Most importantly, Carew said, faculty should be reinforcing the understanding that students who go into careers outside the academic arena are still delivering a great service and value to both the field and society. Carew has former students in a variety of career paths — professor, journal editor, lawyer, venture capitalist. “I consider all these students phenomenally successful,” he said. “They’ve found a way to take the training that we provided them and then go be citizens of the world and make a difference.”
Choosing a Career Path
Some students enter a neuroscience training program and later realize that the traditional academic research path is not for them. Fortunately, a neuroscience degree can open doors to careers in pharmaceuticals, business, law, publishing, technology, and more.
Students need supportive faculty mentors to help them understand what’s right for them, Marcus said, noting that her adviser guided her by observing what tasks she seemed to enjoy and which she procrastinated on. “If you start to pay attention to those kinds of things, you get insights into what is natural for you,” she said.
For example, Marcus always attended seminars as a postdoc, even if it had nothing to do with the science that she was working on. “I realized that something that I personally really like is the breadth of science,” she said. “That’s one of the things that led me to think about a career in publishing, where I would have an opportunity to think about lots of different types of science.”
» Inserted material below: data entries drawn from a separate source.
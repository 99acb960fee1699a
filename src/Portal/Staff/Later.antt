-- ===== src/Portal/Staff/Later.antt =====
-- portal_staff_sync.py: what serving a branch keeps of a row.
use yclients_project.Prelude.{
  ℕ, ◌≤◌, ◌≡◌, refl, ap, ◌∙◌, true, false, Option, none, some, List, [], ◌∷◌, arith, inl, inr, ◌==◌,
  IsIn, is_empty,
}
use yclients_project.Portal.Ownership.{holds}
use yclients_project.Portal.Staff.{Staff, is_mirror_row, is_crm_row, max_id}

-- A later state of a row: whose it is and where is the same, and it is not fired by serving a
-- branch.
pub record NextOf (a b : Staff) : Type 0 where
  pub id : a.id ≡ b.id
  pub external_id : a.external_id ≡ b.external_id
  pub source_type : a.source_type ≡ b.source_type
  pub company_id : a.company_id ≡ b.company_id
  pub portal_user_id : a.portal_user_id ≡ b.portal_user_id
  pub live : b.fired ≡ 0 → a.fired ≡ 0

pub self-NextOf : (a : Staff) → NextOf a a
self-NextOf a = record {
  id = refl;
  external_id = refl;
  source_type = refl;
  company_id = refl;
  portal_user_id = refl;
  live = λ h. h;
}

pub trans-NextOf : (a b c : Staff) → NextOf a b → NextOf b c → NextOf a c
trans-NextOf a b c n m = record {
  id = n.id ∙ m.id;
  external_id = n.external_id ∙ m.external_id;
  source_type = n.source_type ∙ m.source_type;
  company_id = n.company_id ∙ m.company_id;
  portal_user_id = n.portal_user_id ∙ m.portal_user_id;
  live = λ h. n.live (m.live h);
}

pub mirror_next : (a b : Staff) → NextOf a b → is_mirror_row a ≡ is_mirror_row b
unfolding is_mirror_row
mirror_next a b s = rw (s.source_type, s.portal_user_id, s.external_id) refl

pub crm_next :
    (user_id : ℕ) (a b : Staff) → NextOf a b → is_crm_row user_id a ≡ is_crm_row user_id b
crm_next user_id a b s = rw (mirror_next a b s, s.portal_user_id) refl

pub same_number : (a : ℕ) → (a == a) ≡ true
same_number a = ground arith

pub holds_lem : (a : Option ℕ) (n : ℕ) → holds a n ≡ true → a ≡ some n
holds_lem none n h = cc
holds_lem (some m) n h = ap some (ground arith)

pub max_id-IsIn : (row : Staff) (rows : List Staff) → IsIn row rows → row.id ≤ max_id rows
max_id-IsIn row [] i = absurd i
max_id-IsIn row (r ∷ rows) (inl e) = omega (arith, ap (λ (x : Staff). x.id) e)
max_id-IsIn row (r ∷ rows) (inr i) = omega (arith, max_id-IsIn row rows i)

pub nonempty : (a : ℕ) (xs : List ℕ) → IsIn a xs → is_empty xs ≡ false
nonempty a [] i = absurd i
nonempty a (x ∷ xs) i = refl
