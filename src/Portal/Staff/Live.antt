-- ===== src/Portal/Staff/Live.antt =====
-- portal_staff_sync.py: the rows that stand for a user in the target branches.
use yclients_project.Prelude.{
  ℕ, ◌+◌, ◌≡◌, ◌⊎◌, refl, sym, ap, subst, ◌∙◌, true, false, some, List, [], ◌∷◌, arith, inl, inr,
  ◌==◌, IsIn, Bool-cases, append-IsIn_left, append-IsIn_last, any, elem, IsIn→elem, distinct,
  distinct-IsIn, leb,
}
use yclients_project.Prelude.Rows.{IsIn-select, order_by-IsIn, update-IsIn_hit, update-IsIn_miss}
use yclients_project.Auth.Sessions.{User}
use yclients_project.Auth.Tenancy.{role_text}
use yclients_project.Portal.Ownership.{holds}
use yclients_project.Portal.Staff.{
  Staff, is_crm_row, add_portal_staff, portal_staff, next_staff_id, max_id, linked_to, by_company,
  as_bookable, as_mirror, as_fired, serve_company, serve_companies, stands_for, is_retired,
  retire_rows, target_companies, portal_user_syncs_to_staff, staff_display_name, sync_linked,
  sync_portal_user_staff,
}
use yclients_project.Portal.Staff.Serving.{
  by_company-IsIn, any_some, Served, added, of_crm, of_mirror, served,
}
use yclients_project.Portal.Staff.Later.{
  NextOf, self-NextOf, trans-NextOf, crm_next, same_number, holds_lem, max_id-IsIn, nonempty,
}

module _ (user : User) (all : List Staff) where
  abbrev linked : List Staff
  linked = linked_to user.id all

  served_next :
      (company : ℕ) (rows result : List Staff) (r : Staff)
      → Served user linked company rows result
      → IsIn r rows
      → (next : Staff) × IsIn next result × NextOf next r
  unfolding add_portal_staff
  served_next company rows _ r (added e) i = (r, append-IsIn_left r rows _ i, self-NextOf r)
  served_next company rows _ r (of_crm chosen e h) i = elim (Bool-cases (r.id == chosen.id)) [
    | inl f ↦ (
      as_bookable r,
      update-IsIn_hit (λ (x : Staff). x.id == chosen.id) as_bookable r rows i f,
      record {
        id = refl;
        external_id = refl;
        source_type = refl;
        company_id = refl;
        portal_user_id = refl;
        live = λ z. z;
      },
    )
    | inr f ↦ (
      r,
      update-IsIn_miss (λ (x : Staff). x.id == chosen.id) as_bookable r rows i f,
      self-NextOf r,
    )
  ]
  served_next company rows _ r (of_mirror chosen e h) i =
      let f = as_mirror (staff_display_name user) (role_text user.role) in
      elim (Bool-cases (r.id == chosen.id)) [
        | inl q ↦ (
          f r,
          update-IsIn_hit (λ (x : Staff). x.id == chosen.id) f r rows i q,
          record {
            id = refl;
            external_id = refl;
            source_type = refl;
            company_id = refl;
            portal_user_id = refl;
            live = λ z. refl;
          },
        )
        | inr q ↦
            (r, update-IsIn_miss (λ (x : Staff). x.id == chosen.id) f r rows i q, self-NextOf r)
      ]

  -- The row stands for the user in the branch, and the end of the synchronization does not fire it.
  record IsStanding (company : ℕ) (r : Staff) : Type 0 where
    link : holds r.portal_user_id user.id ≡ true
    branch : holds r.company_id company ≡ true
    live : (r.fired ≡ 0) ⊎ (is_crm_row user.id r ≡ true)
    place :
        (any (λ (l : Staff). l.id == r.id) linked ≡ false)
        ⊎ ((chosen : Staff) × (by_company user.id linked company ≡ some chosen)
            × (chosen.id ≡ r.id))

  next-IsStanding :
      (company : ℕ) (a b : Staff) → NextOf a b → IsStanding company b → IsStanding company a
  next-IsStanding company a b n s = record {
    link = ap (λ z. holds z user.id) n.portal_user_id ∙ s.link;
    branch = ap (λ z. holds z company) n.company_id ∙ s.branch;
    live = elim s.live [ inl h ↦ inl (n.live h) | inr h ↦ inr (crm_next user.id a b n ∙ h) ];
    place = elim s.place [
      | inl h ↦ inl (ap (λ z. any (λ (l : Staff). l.id == z) linked) n.id ∙ h)
      | inr (chosen, e, f) ↦ inr (chosen, e, f ∙ sym n.id)
    ];
  }

  -- Each row from before is still there, in a later state.
  abbrev Follows : List Staff → Type 0
  Follows rows = (l : Staff) → IsIn l all → (r : Staff) × IsIn r rows × NextOf r l

  served-Follows :
      (company : ℕ) (rows result : List Staff)
      → Served user linked company rows result
      → Follows rows
      → Follows result
  served-Follows company rows result s follows l i =
      let (r, j, n) = follows l i in
      let (next, k, m) = served_next company rows result r s j in
      (next, k, trans-NextOf next r l m n)

  abbrev HasStanding : ℕ → List Staff → Type 0
  HasStanding company rows = (r : Staff) × IsIn r rows × IsStanding company r

  chosen_facts :
      (company : ℕ) (chosen : Staff)
      → by_company user.id linked company ≡ some chosen
      → IsIn chosen all
        × (holds chosen.portal_user_id user.id ≡ true)
        × (holds chosen.company_id company ≡ true)
  chosen_facts company chosen e =
      let (i, f) = by_company-IsIn user.id company linked chosen e in
      let (j, h) = IsIn-select (λ (r : Staff). holds r.portal_user_id user.id) chosen all i in
      (j, h, f)

  -- The next id is no id of a linked row.
  next_is_new :
      (rows : List Staff)
      → Follows rows
      → any (λ (l : Staff). l.id == next_staff_id rows) linked ≡ false
  unfolding next_staff_id
  next_is_new rows follows =
      elim (Bool-cases (any (λ (l : Staff). l.id == next_staff_id rows) linked)) [
        | inr e ↦ e
        | inl e ↦
            (let (l, i, f) = any_some (λ (x : Staff). x.id == next_staff_id rows) linked e in
              let (j, h) = IsIn-select (λ (r : Staff). holds r.portal_user_id user.id) l all i in
              let (r, k, n) = follows l j in
              let bound = max_id-IsIn r rows k in
              let same : l.id ≡ max_id rows + 1 = ground arith in
              absurd (omega (arith, bound, same, n.id)))
      ]

  served_stands :
      (company : ℕ) (rows result : List Staff)
      → Served user linked company rows result
      → Follows rows
      → HasStanding company result
  unfolding add_portal_staff
  served_stands company rows _ (added e) follows =
      let new =
        portal_staff (next_staff_id rows) (staff_display_name user) (role_text user.role) company
          user.id in
      (
        new,
        append-IsIn_last new rows,
        record {
          link = same_number user.id;
          branch = same_number company;
          live = inl refl;
          place = inl (next_is_new rows follows);
        },
      )
  served_stands company rows _ (of_crm chosen e h) follows =
      let (j, link, branch) = chosen_facts company chosen e in
      let (r, k, n) = follows chosen j in
      let (next, m, o) = served_next company rows _ r (of_crm chosen e h) k in
      (
        next,
        m,
        next-IsStanding company next chosen (trans-NextOf next r chosen o n)
            (record { link = link; branch = branch; live = inr h; place = inr (chosen, e, refl) }),
      )
  served_stands company rows _ (of_mirror chosen e h) follows =
      let f = as_mirror (staff_display_name user) (role_text user.role) in
      let (j, link, branch) = chosen_facts company chosen e in
      let (r, k, n) = follows chosen j in
      let hit : (r.id == chosen.id) ≡ true =
        ap (λ z. z == chosen.id) n.id ∙ same_number chosen.id in
      (
        f r,
        update-IsIn_hit (λ (x : Staff). x.id == chosen.id) f r rows k hit,
        record {
          link = ap (λ z. holds z user.id) n.portal_user_id ∙ link;
          branch = ap (λ z. holds z company) n.company_id ∙ branch;
          live = inl refl;
          place = inr (chosen, e, sym n.id);
        },
      )

  carry_standing :
      (company : ℕ) (companies : List ℕ) (rows : List Staff)
      → HasStanding company rows
      → HasStanding company (serve_companies user linked companies rows)
  unfolding serve_companies
  carry_standing company [] rows s = s
  carry_standing company (c ∷ companies) rows (r, i, s) =
      let (next, j, n) =
        served_next c rows (serve_company user linked c rows) r (served user linked c rows) i in
      carry_standing company companies (serve_company user linked c rows)
        (next, j, next-IsStanding company next r n s)

  companies_stand :
      (company : ℕ) (companies : List ℕ) (rows : List Staff)
      → IsIn company companies
      → Follows rows
      → HasStanding company (serve_companies user linked companies rows)
  unfolding serve_companies
  companies_stand company [] rows i follows = absurd i
  companies_stand company (c ∷ companies) rows (inl e) follows =
      carry_standing company companies (serve_company user linked c rows) (
        subst (λ z. HasStanding z (serve_company user linked c rows)) e
          (served_stands c rows (serve_company user linked c rows) (served user linked c rows)
            follows))
  companies_stand company (c ∷ companies) rows (inr i) follows =
      companies_stand company companies (serve_company user linked c rows) i (
        served-Follows c rows (serve_company user linked c rows) (served user linked c rows)
          follows)

  standing_stays :
      (company : ℕ) (targets : List ℕ) (r : Staff)
      → elem company targets ≡ true
      → IsStanding company r
      → is_retired user.id linked targets r ≡ false
  standing_stays company targets r target s =
      let here = holds_lem r.company_id company s.branch in
      elim s.place [
        | inl new ↦ rw new refl
        | inr (chosen, e, same) ↦
            (let hit : (chosen.id == r.id) ≡ true = ap (λ z. z == r.id) same ∙ same_number r.id in
              let stays : stands_for user.id linked targets r ≡ true =
                rw (here, target, e, hit) refl in
              ground arith)
      ]

  -- After the synchronization of a user who syncs, each of the target branches has a row of that user
  -- that is a live row or a row of YClients.
  pub sync_serves :
      (company : ℕ) (company_ids : List ℕ)
      → portal_user_syncs_to_staff user ≡ true
      → IsIn company company_ids
      → (r : Staff) × IsIn r (sync_portal_user_staff user company_ids all)
        × (r.portal_user_id ≡ some user.id)
        × (r.company_id ≡ some company)
        × ((r.fired ≡ 0) ⊎ (is_crm_row user.id r ≡ true))
  unfolding sync_portal_user_staff sync_linked retire_rows
  sync_serves company company_ids syncs i =
      let targets = target_companies company_ids in
      let target =
        order_by-IsIn leb company (distinct [] company_ids)
          (distinct-IsIn company [] company_ids i refl) in
      let start : Follows all = λ l j. (l, j, self-NextOf l) in
      let (r, j, s) = companies_stand company targets all target start in
      let stays = standing_stays company targets r (IsIn→elem company targets target) s in
      rw (syncs, nonempty company company_ids i)
        (
          r,
          update-IsIn_miss (is_retired user.id linked targets) as_fired r
              (serve_companies user linked targets all) j stays,
          holds_lem r.portal_user_id user.id s.link,
          holds_lem r.company_id company s.branch,
          s.live,
        )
Marcus advised students to think about their own skills and experiences in order to determine which career option might be best for them.
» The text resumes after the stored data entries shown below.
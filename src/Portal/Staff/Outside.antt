-- ===== src/Portal/Staff/Outside.antt =====
-- portal_staff_sync.py: which mirrors of a user are not fired after a synchronization.
use yclients_project.Prelude.{
  ℕ, ◌≡◌, ◌⊎◌, refl, sym, ap, subst, ◌∙◌, Bool, true, false, not, ◌&&◌, ◌||◌, some, List, [], ◌∷◌,
  arith, inl, inr, ◌==◌, IsIn, IsIn-append, Bool-cases, Option-cases, any, is_empty, elem→IsIn,
  distinct, IsIn-distinct, leb, if◌then◌else◌,
}
use yclients_project.Prelude.Rows.{select-IsIn, IsIn-order_by, IsIn-update}
use yclients_project.Auth.Sessions.{User}
use yclients_project.Auth.Tenancy.{role_text}
use yclients_project.Portal.Ownership.{holds}
use yclients_project.Portal.Staff.{
  Staff, is_crm_row, is_own_mirror, add_portal_staff, linked_to, as_bookable, as_mirror, as_fired,
  serve_company, serve_companies, stands_for, is_retired, retire_rows, fire_mirrors,
  target_companies, portal_user_syncs_to_staff, staff_display_name, sync_linked,
  sync_portal_user_staff,
}
use yclients_project.Portal.Staff.Serving.{Served, added, of_crm, of_mirror, served}

some_any :
    (p : Staff → Bool) (row : Staff) (rows : List Staff)
    → IsIn row rows
    → p row ≡ true
    → any p rows ≡ true
some_any p row [] i e = absurd i
some_any p row (r ∷ rows) (inl q) e = rw (ap p q ∙ e) refl
some_any p row (r ∷ rows) (inr i) e = elim (Bool-cases (p r)) [
  | inl f ↦ rw f refl
  | inr f ↦ rw f (some_any p row rows i e)
]

-- Whose and where a row is did not change.
record SamePlace (a b : Staff) : Type 0 where
  id : a.id ≡ b.id
  company_id : a.company_id ≡ b.company_id
  portal_user_id : a.portal_user_id ≡ b.portal_user_id

written-SamePlace :
    (p : Bool) (f : Staff → Staff) (row result : Staff)
    → SamePlace (f row) row
    → (if p then f row else row) ≡ result
    → SamePlace result row
written-SamePlace true f row result s e = subst (λ z. SamePlace z row) e s
written-SamePlace false f row result s e =
    subst (λ z. SamePlace z row) e (record { id = refl; company_id = refl; portal_user_id = refl })

syncs_lem : (syncs bare : Bool) → (not syncs || bare) ≡ false → syncs ≡ true
syncs_lem syncs bare h = ground arith

same_ids : (l r : Staff) → l.id ≡ r.id → (l.id == r.id) ≡ true
same_ids l r e = ground arith

own_link :
    (user_id : ℕ) (r : Staff)
    → is_own_mirror user_id r ≡ true
    → holds r.portal_user_id user_id ≡ true
own_link user_id r h = ground arith

own-crm : (user_id : ℕ) (r : Staff) → is_own_mirror user_id r ≡ true → is_crm_row user_id r ≡ false
own-crm user_id r h = ground arith

-- A mirror that is known and is not retired stands for a target branch.
stays_lem :
    (known crm stands : Bool)
    → known ≡ true
    → crm ≡ false
    → (known && not crm && not stands) ≡ false
    → stands ≡ true
stays_lem known crm stands h k e = ground arith

module _ (user : User) (all : List Staff) where
  abbrev linked : List Staff
  linked = linked_to user.id all

  served_back :
      (company : ℕ) (rows result : List Staff) (r : Staff)
      → Served user linked company rows result
      → IsIn r result
      → ((b : Staff) × IsIn b rows × SamePlace r b) ⊎ (r.company_id ≡ some company)
  unfolding add_portal_staff
  served_back company rows _ r (added e) i = elim (IsIn-append r rows _ i) [
    | inl j ↦ inl (r, j, record { id = refl; company_id = refl; portal_user_id = refl })
    | inr j ↦ elim j [ inl q ↦ inr (ap (λ (x : Staff). x.company_id) (sym q)) | inr k ↦ absurd k ]
  ]
  served_back company rows _ r (of_crm chosen e h) i =
      let (b, j, q) = IsIn-update (λ (x : Staff). x.id == chosen.id) as_bookable r rows i in
      inl (
        b,
        j,
        written-SamePlace (b.id == chosen.id) as_bookable b r
            (record { id = refl; company_id = refl; portal_user_id = refl }) q,
      )
  served_back company rows _ r (of_mirror chosen e h) i =
      let f = as_mirror (staff_display_name user) (role_text user.role) in
      let (b, j, q) = IsIn-update (λ (x : Staff). x.id == chosen.id) f r rows i in
      inl (
        b,
        j,
        written-SamePlace (b.id == chosen.id) f b r
            (record { id = refl; company_id = refl; portal_user_id = refl }) q,
      )

  -- A row from before, or one that was added in a target branch.
  abbrev Origin : List ℕ → Staff → Type 0
  Origin targets r =
      ((l : Staff) × IsIn l all × (l.id ≡ r.id) × (l.portal_user_id ≡ r.portal_user_id))
      ⊎ ((company : ℕ) × (r.company_id ≡ some company) × IsIn company targets)

  back-Origin :
      (targets : List ℕ) (a b : Staff) → SamePlace a b → Origin targets b → Origin targets a
  back-Origin targets a b s (inl (l, i, e, f)) = inl (l, i, e ∙ sym s.id, f ∙ sym s.portal_user_id)
  back-Origin targets a b s (inr (company, e, i)) = inr (company, s.company_id ∙ e, i)

  companies_back :
      (targets companies : List ℕ) (rows : List Staff)
      → ((c : ℕ) → IsIn c companies → IsIn c targets)
      → ((r : Staff) → IsIn r rows → Origin targets r)
      → (r : Staff) → IsIn r (serve_companies user linked companies rows)
      → Origin targets r
  unfolding serve_companies
  companies_back targets [] rows sub origin r i = origin r i
  companies_back targets (c ∷ companies) rows sub origin r i =
      companies_back targets companies (serve_company user linked c rows) (λ d j. sub d (inr j))
        (λ x j.
          elim (served_back c rows (serve_company user linked c rows) x (served user linked c rows)
            j) [
              | inl (b, k, s) ↦ back-Origin targets x b s (origin b k)
              | inr e ↦ inr (c, e, sub c (inl refl))
            ])
        r i

  stands_lem :
      (targets : List ℕ) (r : Staff)
      → stands_for user.id linked targets r ≡ true
      → (company : ℕ) × (r.company_id ≡ some company) × IsIn company targets
  stands_lem targets r h = elim (Option-cases r.company_id) [
    | inl e ↦ cc (rw e at h)
    | inr (company, e) ↦ (company, e, elem→IsIn company targets (ground arith))
  ]

  retired_back :
      (targets : List ℕ) (r : Staff)
      → Origin targets r
      → is_own_mirror user.id r ≡ true
      → is_retired user.id linked targets r ≡ false
      → (company : ℕ) × (r.company_id ≡ some company) × IsIn company targets
  retired_back targets r (inr there) own stays = there
  retired_back targets r (inl (l, i, e, f)) own stays =
      let mine : holds l.portal_user_id user.id ≡ true =
        ap (λ z. holds z user.id) f ∙ own_link user.id r own in
      let known : any (λ (x : Staff). x.id == r.id) linked ≡ true =
        some_any (λ (x : Staff). x.id == r.id) l linked
          (select-IsIn (λ (x : Staff). holds x.portal_user_id user.id) l all i mine)
          (same_ids l r e) in
      stands_lem targets r (
        stays_lem (any (λ (x : Staff). x.id == r.id) linked) (is_crm_row user.id r)
          (stands_for user.id linked targets r) known (own-crm user.id r own) stays)

  retire_back :
      (targets : List ℕ) (rows : List Staff) (r : Staff)
      → ((x : Staff) → IsIn x rows → Origin targets x)
      → is_own_mirror user.id r ≡ true
      → IsIn r (retire_rows user.id linked targets rows)
      → (r.fired ≡ 1) ⊎ ((company : ℕ) × (r.company_id ≡ some company) × IsIn company targets)
  unfolding retire_rows
  retire_back targets rows r origin own i =
      let (x, j, q) = IsIn-update (is_retired user.id linked targets) as_fired r rows i in
      elim (Bool-cases (is_retired user.id linked targets x)) [
        | inl e ↦ inl (ap (λ (z : Staff). z.fired) (sym (rw e at q)))
        | inr e ↦
            (let same : x ≡ r = rw e at q in
              inr (
                subst
                  (λ (z : Staff).
                    (company : ℕ) × (z.company_id ≡ some company) × IsIn company targets)
                  same
                  (retired_back targets x (origin x j) (ap (is_own_mirror user.id) same ∙ own) e)))
      ]

  fire_back :
      (r : Staff) → is_own_mirror user.id r ≡ true → IsIn r (fire_mirrors user.id all) → r.fired ≡ 1
  unfolding fire_mirrors
  fire_back r own i =
      let (x, j, q) = IsIn-update (is_own_mirror user.id) as_fired r all i in
      elim (Bool-cases (is_own_mirror user.id x)) [
        | inl e ↦ ap (λ (z : Staff). z.fired) (sym (rw e at q))
        | inr e ↦
            (let same : x ≡ r = rw e at q in absurd (cc (ap (is_own_mirror user.id) same ∙ own, e)))
      ]

  idle_back :
      (r : Staff)
      → any (λ (x : Staff). not (x.fired == 1) && not (is_crm_row user.id x)) linked ≡ false
      → is_own_mirror user.id r ≡ true
      → IsIn r all
      → r.fired ≡ 1
  idle_back r none_live own i = elim (Bool-cases (r.fired == 1)) [
    | inl e ↦ ground arith
    | inr e ↦
        (let crm = own-crm user.id r own in
          let live : (not (r.fired == 1) && not (is_crm_row user.id r)) ≡ true = rw (e, crm) refl in
          absurd (
            cc (
              some_any (λ (x : Staff). not (x.fired == 1) && not (is_crm_row user.id x)) r linked
                  (select-IsIn (λ (x : Staff). holds x.portal_user_id user.id) r all i
                    (own_link user.id r own))
                  live,
              none_live,
            )))
  ]

  -- After a synchronization a mirror of the user is fired, or the user syncs and the mirror is in one
  -- of the target branches.
  pub sync_fires_rest :
      (company_ids : List ℕ) (r : Staff)
      → IsIn r (sync_portal_user_staff user company_ids all)
      → is_own_mirror user.id r ≡ true
      → (r.fired ≡ 1)
        ⊎ ((portal_user_syncs_to_staff user ≡ true)
            × ((company : ℕ) × (r.company_id ≡ some company) × IsIn company company_ids))
  unfolding sync_portal_user_staff sync_linked
  sync_fires_rest company_ids r i own =
      let targets = target_companies company_ids in
      let back : (c : ℕ) → IsIn c targets → IsIn c company_ids =
        λ c j. IsIn-distinct c [] company_ids (IsIn-order_by leb c (distinct [] company_ids) j) in
      elim (Bool-cases (not (portal_user_syncs_to_staff user) || is_empty company_ids)) [
        | inr e ↦
            (elim (retire_back targets (serve_companies user linked targets all) r
              (companies_back targets targets all (λ c j. j) (λ x j. inl (x, j, refl, refl))) own
              (rw e at i)) [
                | inl f ↦ inl f
                | inr (company, f, j) ↦ inr (
                  syncs_lem (portal_user_syncs_to_staff user) (is_empty company_ids) e,
                  (company, f, back company j),
                )
              ])
        | inl e ↦
            inl
              (elim (Bool-cases
                (any (λ (x : Staff). not (x.fired == 1) && not (is_crm_row user.id x)) linked)) [
                  | inl f ↦ fire_back r own (rw (e, f) at i)
                  | inr f ↦ idle_back r f own (rw (e, f) at i)
                ])
      ]
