-- ===== src/Sync.antt =====
-- The synchronisation subsystem: the job queue, the run register, the worker and the orchestrator.
pub mod Tables
pub mod Parsing
pub mod State
pub mod Control
pub mod Jobs
pub mod Progress
pub mod Integrity
pub mod AutoEnqueue
pub mod Orchestrator
pub mod Worker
“Success in a career, for me, is very much about a fit,” she said. “It’s getting the right fit between the right job and right person. For that you need a lot of choices and options because we’re not all the same and we won’t fit into the same job.”
Maynard recommended students discuss their strengths and weaknesses with family members, friends, and mentors. “Sometimes, they have a better understanding of your strengths and where you can make a difference than yourself. … Don’t believe you are the only authority on you.”
Scientists interviewed for this article agreed on one piece of advice: Do something you’re passionate about.
“You should understand what it is that makes you want to get out of bed in the morning,” Marcus said. “If you can figure that out, then everything else comes so much more easily.”
Olsen agreed, adding that, “Life is too short, and you want to make the most of it. You want to be in a career that makes you feel fulfilled, gives you rewards, and you are happy and excited to go to work each day.” And if you’re not feeling fulfilled, seriously look at making a change, she said.
“A lot of people, they have this idea that they want to try something new, but they are scared,” Olsen said. “They are comfortable in their position and already successful in what they’ve already been doing, and it’s frightening to do something new.”
But as someone who has changed jobs several times over the course of her career, Olsen said each new position opened more doors for her and taught her new skills.
Olds emphasized that neuroscientists should avoid closing the door on any particular career path. When he interviewed for a job outside academia, he was told he would never be able to go back into bench science after leaving. “I never bought into that, and I hope other young people never allow themselves to be categorized. There are always opportunities to reinvent yourself and do new things,” he said.